*TASK INSTRUCTIONS:* The reply to the records below should contain exactly the lines from the line with "abbrev opened : List Event" through the line with "(s.room ≡ none)", and nothing besides.

+---+

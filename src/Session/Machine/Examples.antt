-- ===== src/Session/Machine/Examples.antt =====
-- The theorems at concrete sessions.
use mathlib.Core.List.{flatten}
use keycard.Prelude.{
  Text, reverse, ◌+◌, ◌*◌, ◌%◌, if◌then◌else◌, ℕ, ◌≤◌, Bool, true, false, ◌≡◌, refl, Option, none,
  some, List, ◌==◌, [], ◌∷◌, ◌++◌, arith, pos, count_if, codes,
}
use keycard.Prelude.Dict.{get}
use keycard.Kept
use keycard.Session.Types.{
  Session, Pump, Output, new_session, destroys, pauses, finished, created, awaiting, opening,
  reading, unset, checked_out,
}
use keycard.Session.Tasks.Channel.{connection_made, stop_feeder}
use keycard.Session.Tasks.Teardown.{begin_teardown, cancel_teardown, checkout}
use keycard.Session.Tasks.Reaper.{
  connection_lost, cancel_pump, cancel_watchdog, force_close, force_close_end, idle_watchdog,
  hang_up_channel,
}
use keycard.Session.Machine.{
  Event, step, run, starts, pump_begins, room_opened, read_ends, pump_resumes, pump_interrupted,
  teardown_begins, room_paused, room_destroyed, teardown_is_interrupted, hangs_up, drain_closes,
  watchdog_wakes, receives, feeds, closer_resumes,
}
use keycard.Session.Machine.Once.{is_destroys, destroyed_once}
use keycard.Session.Machine.Room.{LeadsTo, life, room_calls, session_keeps_to_life}
use keycard.Session.Machine.Release.{is_ending, rooms_got, lived, released_is_torn_down}
use keycard.Session.Machine.Pause.{is_pauses, paused_needs_hang_up, paused_needs_keep}
use keycard.Session.Machine.Drive.{teardown_events, owed, exit_reports_status}
use keycard.Session.Machine.Cancel.{
  is_removing, unbegun_teardown_never_releases, hang_up_strands_opening,
}
use keycard.Session.Machine.Liveness.{is_calm, IsOver, after, teardown_ends}
use keycard.Session.Machine.Input.{sent}
use keycard.Guest.Pty
use keycard.Guest.Keystrokes.{keystrokes_reach_shell}

abbrev any_room : ℕ → Bool
any_room r = true

abbrev room_seven : ℕ → Bool
room_seven r = r == 7

abbrev pub registry : Option Kept.KeptRooms
registry = some (Kept.init 300)

abbrev fresh : Session
fresh = connection_made (new_session 60 "ada" registry 0)

abbrev opened : List Event
opened = starts ∷ pump_begins ∷ room_opened 7 ∷ []

-- The drain, a hang-up and the reaper meet while the shell runs.
abbrev race : List Event
race =
    opened
    ++ drain_closes
      ∷ hangs_up
      ∷ watchdog_wakes 100
      ∷ teardown_begins
      ∷ room_destroyed (some (pos 0))
      ∷ read_ends
      ∷ pump_resumes
      ∷ closer_resumes
      ∷ []

-- A client that hangs up and whose room is kept.
abbrev disconnect : List Event
disconnect = opened ++ hangs_up ∷ teardown_begins ∷ room_paused (some 70) ∷ read_ends ∷ []

race_destroys : count_if is_destroys (run any_room race fresh).effects ≡ 1
unfolding run step new_session connection_made connection_lost cancel_pump cancel_watchdog
    stop_feeder begin_teardown cancel_teardown force_close force_close_end idle_watchdog
    hang_up_channel Kept.take Kept.init Kept.enabled get
race_destroys = refl

destroyed_once_example :
    count_if is_destroys
      (run any_room race (connection_made (new_session 60 "ada" registry 0))).effects
    ≤ 1
destroyed_once_example = destroyed_once any_room 60 0 "ada" registry race

disconnect_released : (lived any_room 60 0 "ada" registry disconnect).active ≡ false
unfolding run step new_session connection_made connection_lost cancel_pump cancel_watchdog
    stop_feeder begin_teardown cancel_teardown force_close force_close_end idle_watchdog
    hang_up_channel Kept.take Kept.init Kept.enabled get
disconnect_released = refl

disconnect_uncancelled : (lived any_room 60 0 "ada" registry disconnect).teardown_cancelled ≡ false
unfolding run step new_session connection_made connection_lost cancel_pump cancel_watchdog
    stop_feeder begin_teardown cancel_teardown force_close force_close_end idle_watchdog
    hang_up_channel Kept.take Kept.init Kept.enabled get
disconnect_uncancelled = refl

released_is_torn_down_example :
    let s = lived any_room 60 0 "ada" registry disconnect in
    (s.teardown ≡ finished)
    × (s.room ≡ none)
    × (rooms_got any_room disconnect (connection_made (new_session 60 "ada" registry 0))
        ≤ count_if is_ending s.effects)
released_is_torn_down_example =
    released_is_torn_down any_room 60 0 "ada" registry disconnect disconnect_released
      disconnect_uncancelled

disconnect_pauses : count_if is_pauses (run room_seven disconnect fresh).effects ≡ 1
unfolding run step new_session connection_made connection_lost cancel_pump cancel_watchdog
    stop_feeder begin_teardown cancel_teardown force_close force_close_end idle_watchdog
    hang_up_channel Kept.take Kept.init Kept.enabled get
disconnect_pauses = refl

-- A shell that exits on its own.
abbrev shell_exit : List Event
shell_exit = opened ++ read_ends ∷ teardown_events none (some (pos 3)) ++ pump_resumes ∷ []

paused_needs_hang_up_example :
    count_if is_pauses
      (run any_room shell_exit (connection_made (new_session 60 "ada" registry 0))).effects
    ≡ 0
paused_needs_hang_up_example =
    paused_needs_hang_up any_room 60 0 "ada" registry shell_exit (ground arith)

paused_needs_keep_example :
    count_if is_pauses
      (run any_room disconnect
        (connection_made (new_session 60 "ada" (some (Kept.init 0)) 0))).effects
    ≡ 0
paused_needs_keep_example =
    paused_needs_keep any_room 60 0 "ada" (some (Kept.init 0)) disconnect
      (unfold Kept.init Kept.enabled new_session in refl)

-- After a hang-up at the prompt.
abbrev hung_up : Session
hung_up = run any_room (opened ++ hangs_up ∷ []) fresh

hung_up-created : hung_up.teardown ≡ created true
unfolding run step new_session connection_made connection_lost cancel_pump cancel_watchdog
    stop_feeder begin_teardown cancel_teardown force_close force_close_end idle_watchdog
    hang_up_channel Kept.take Kept.init Kept.enabled get
hung_up-created = refl

hung_up-uncancelled : hung_up.teardown_cancelled ≡ false
unfolding run step new_session connection_made connection_lost cancel_pump cancel_watchdog
    stop_feeder begin_teardown cancel_teardown force_close force_close_end idle_watchdog
    hang_up_channel Kept.take Kept.init Kept.enabled get
hung_up-uncancelled = refl

hung_up-owes : owed any_room true none hung_up ≡ destroys 7 ∷ pauses 7 ∷ []
unfolding run step new_session connection_made connection_lost cancel_pump cancel_watchdog
    stop_feeder begin_teardown cancel_teardown force_close force_close_end idle_watchdog
    hang_up_channel Kept.take Kept.init Kept.enabled get
hung_up-owes = refl

abbrev at_prompt : Session
at_prompt = run any_room opened fresh

at_prompt-reading :
    (at_prompt.pump ≡ reading 7)
    × (at_prompt.room ≡ some 7)
    × (at_prompt.teardown ≡ unset)
    × (at_prompt.teardown_cancelled ≡ false)
    × (at_prompt.closing ≡ false)
unfolding run step new_session connection_made connection_lost cancel_pump cancel_watchdog
    stop_feeder begin_teardown cancel_teardown force_close force_close_end idle_watchdog
    hang_up_channel Kept.take Kept.init Kept.enabled get
at_prompt-reading = (refl, refl, refl, refl, refl)

exit_reports_status_example :
    let t =
      run any_room
        (read_ends ∷ teardown_events none (some (pos 3)) ++ pump_resumes ∷ [])
        at_prompt in
    (t.outputs
      ≡ Output.exit (checkout (some (pos 3))) ∷ Output.destroyed checked_out ∷ at_prompt.outputs)
    × (t.effects ≡ destroys 7 ∷ at_prompt.effects)
    × (t.active ≡ false)
    × (t.pump ≡ Pump.done)
exit_reports_status_example =
    let (p, room, none_yet, clean, open') = at_prompt-reading in
    exit_reports_status any_room at_prompt 7 none (some (pos 3)) p room none_yet clean open'

-- The shell has exited, and the teardown task has not had its turn.
abbrev exiting : Session
exiting = run any_room (opened ++ read_ends ∷ []) fresh

exiting-created :
    (exiting.pump ≡ awaiting true) × (exiting.teardown ≡ created false) × (exiting.active ≡ true)
unfolding run step new_session connection_made connection_lost cancel_pump cancel_watchdog
    stop_feeder begin_teardown cancel_teardown force_close force_close_end idle_watchdog
    hang_up_channel Kept.take Kept.init Kept.enabled get
exiting-created = (refl, refl, refl)

unbegun_teardown_never_releases_example :
    let t =
      run any_room
        (teardown_begins ∷ pump_resumes ∷ drain_closes ∷ closer_resumes ∷ [])
        (run any_room (hangs_up ∷ teardown_is_interrupted ∷ []) exiting) in
    (t.active ≡ true) × (count_if is_removing t.effects ≡ count_if is_removing exiting.effects)
unbegun_teardown_never_releases_example =
    unbegun_teardown_never_releases any_room exiting true false
      (teardown_begins ∷ pump_resumes ∷ drain_closes ∷ closer_resumes ∷ []) exiting-created.0
      exiting-created.1 exiting-created.2

-- The room is being opened.
abbrev coming : Session
coming = run any_room (starts ∷ pump_begins ∷ []) fresh

coming-opening : (coming.pump ≡ opening none) × (coming.room ≡ none) × (coming.teardown ≡ unset)
unfolding run step new_session connection_made connection_lost cancel_pump cancel_watchdog
    stop_feeder begin_teardown cancel_teardown force_close force_close_end idle_watchdog
    hang_up_channel Kept.take Kept.init Kept.enabled get
coming-opening = (refl, refl, refl)

hang_up_strands_opening_example :
    let t =
      run any_room
        (teardown_begins ∷ room_opened 7 ∷ [])
        (run any_room (hangs_up ∷ pump_interrupted ∷ []) coming) in
    (t.room ≡ none) × (count_if is_removing t.effects ≡ count_if is_removing coming.effects)
hang_up_strands_opening_example =
    hang_up_strands_opening any_room coming none (teardown_begins ∷ room_opened 7 ∷ [])
      coming-opening.0 coming-opening.1 coming-opening.2

session_keeps_to_life_example :
    let s = run any_room race (connection_made (new_session 60 "ada" registry 0)) in
    LeadsTo (life s.pump s.teardown s.room) (room_calls s.effects)
session_keeps_to_life_example = session_keeps_to_life any_room 60 0 "ada" registry race

-- The teardown task, the pause and the destroy take turns; the room does not pause, and destroying it
-- raises.
abbrev in_turns : ℕ → Event
in_turns n =
    if n % 3 == 0
    then room_destroyed none
    else if n % 3 == 1
    then room_paused none
    else teardown_begins

in_turns-calm : (n : ℕ) → is_calm (in_turns n) ≡ true
in_turns-calm n = ground arith

teardown_ends_example : (k : ℕ) × IsOver (after any_room in_turns hung_up k)
teardown_ends_example =
    teardown_ends any_room in_turns hung_up in_turns-calm (λ n. (2 + 2 * n, ground arith))
      (λ n. (1 + 2 * n, ground arith)) (λ n. (2 * n, ground arith)) (rw (hung_up-created) refl)
      hung_up-uncancelled

-- A client that hangs up, and whose room cannot be paused.
abbrev pub hang_up : List Event
hang_up =
    starts
    ∷ pump_begins
    ∷ room_opened 0
    ∷ hangs_up
    ∷ teardown_begins
    ∷ room_destroyed (some (pos 0))
    ∷ pump_resumes
    ∷ []

pub hang_up-ended :
    let s = lived (λ r. false) 60 0 "ada" registry hang_up in
    (s.active ≡ false)
    × (s.teardown_cancelled ≡ false)
    × (rooms_got (λ r. false) hang_up (connection_made (new_session 60 "ada" registry 0)) ≡ 1)
unfolding run rooms_got step new_session connection_made connection_lost cancel_pump cancel_watchdog
    stop_feeder begin_teardown cancel_teardown force_close force_close_end idle_watchdog
    hang_up_channel Kept.take Kept.init Kept.enabled get
hang_up-ended = (refl, refl, refl)

-- A client comes in and types; the agent has the first bytes of it, and some of them are under way.
abbrev typing : List Event
typing = opened ++ receives 1 (codes "ls") ∷ feeds ∷ receives 2 (codes "pwd") ∷ []

abbrev first_byte : List Pty.Step
first_byte = Pty.reads (codes "l") ∷ Pty.enqueues ∷ Pty.types ∷ []

keystrokes_reach_shell_example :
    let p = Pty.run first_byte (Pty.attach_pty 1 Pty.start_pty) in
    (later : Text) × (flatten (reverse p.typed) ++ later ≡ flatten (sent typing))
unfolding run step new_session connection_made connection_lost cancel_pump cancel_watchdog
    stop_feeder begin_teardown cancel_teardown force_close force_close_end idle_watchdog
    hang_up_channel Kept.take Kept.init Kept.enabled get Pty.run Pty.step Pty.attach_pty
    Pty.read_chunk Pty.enqueue Pty.type_chunk flatten
keystrokes_reach_shell_example =
    keystrokes_reach_shell any_room fresh typing 1 first_byte (codes "s") refl (omega arith)
      (refl, (refl, (refl, tt))) refl refl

+---+

*TASK ANSWER:*
abbrev opened : List Event
opened = starts ∷ pump_begins ∷ room_opened 7 ∷ []

-- The drain, a hang-up and the reaper meet while the shell runs.
abbrev race : List Event
race =
    opened
    ++ drain_closes
      ∷ hangs_up
      ∷ watchdog_wakes 100
      ∷ teardown_begins
      ∷ room_destroyed (some (pos 0))
      ∷ read_ends
      ∷ pump_resumes
      ∷ closer_resumes
      ∷ []

-- A client that hangs up and whose room is kept.
abbrev disconnect : List Event
disconnect = opened ++ hangs_up ∷ teardown_begins ∷ room_paused (some 70) ∷ read_ends ∷ []

race_destroys : count_if is_destroys (run any_room race fresh).effects ≡ 1
unfolding run step new_session connection_made connection_lost cancel_pump cancel_watchdog
    stop_feeder begin_teardown cancel_teardown force_close force_close_end idle_watchdog
    hang_up_channel Kept.take Kept.init Kept.enabled get
race_destroys = refl

destroyed_once_example :
    count_if is_destroys
      (run any_room race (connection_made (new_session 60 "ada" registry 0))).effects
    ≤ 1
destroyed_once_example = destroyed_once any_room 60 0 "ada" registry race

disconnect_released : (lived any_room 60 0 "ada" registry disconnect).active ≡ false
unfolding run step new_session connection_made connection_lost cancel_pump cancel_watchdog
    stop_feeder begin_teardown cancel_teardown force_close force_close_end idle_watchdog
    hang_up_channel Kept.take Kept.init Kept.enabled get
disconnect_released = refl

disconnect_uncancelled : (lived any_room 60 0 "ada" registry disconnect).teardown_cancelled ≡ false
unfolding run step new_session connection_made connection_lost cancel_pump cancel_watchdog
    stop_feeder begin_teardown cancel_teardown force_close force_close_end idle_watchdog
    hang_up_channel Kept.take Kept.init Kept.enabled get
disconnect_uncancelled = refl

released_is_torn_down_example :
    let s = lived any_room 60 0 "ada" registry disconnect in
    (s.teardown ≡ finished)
    × (s.room ≡ none)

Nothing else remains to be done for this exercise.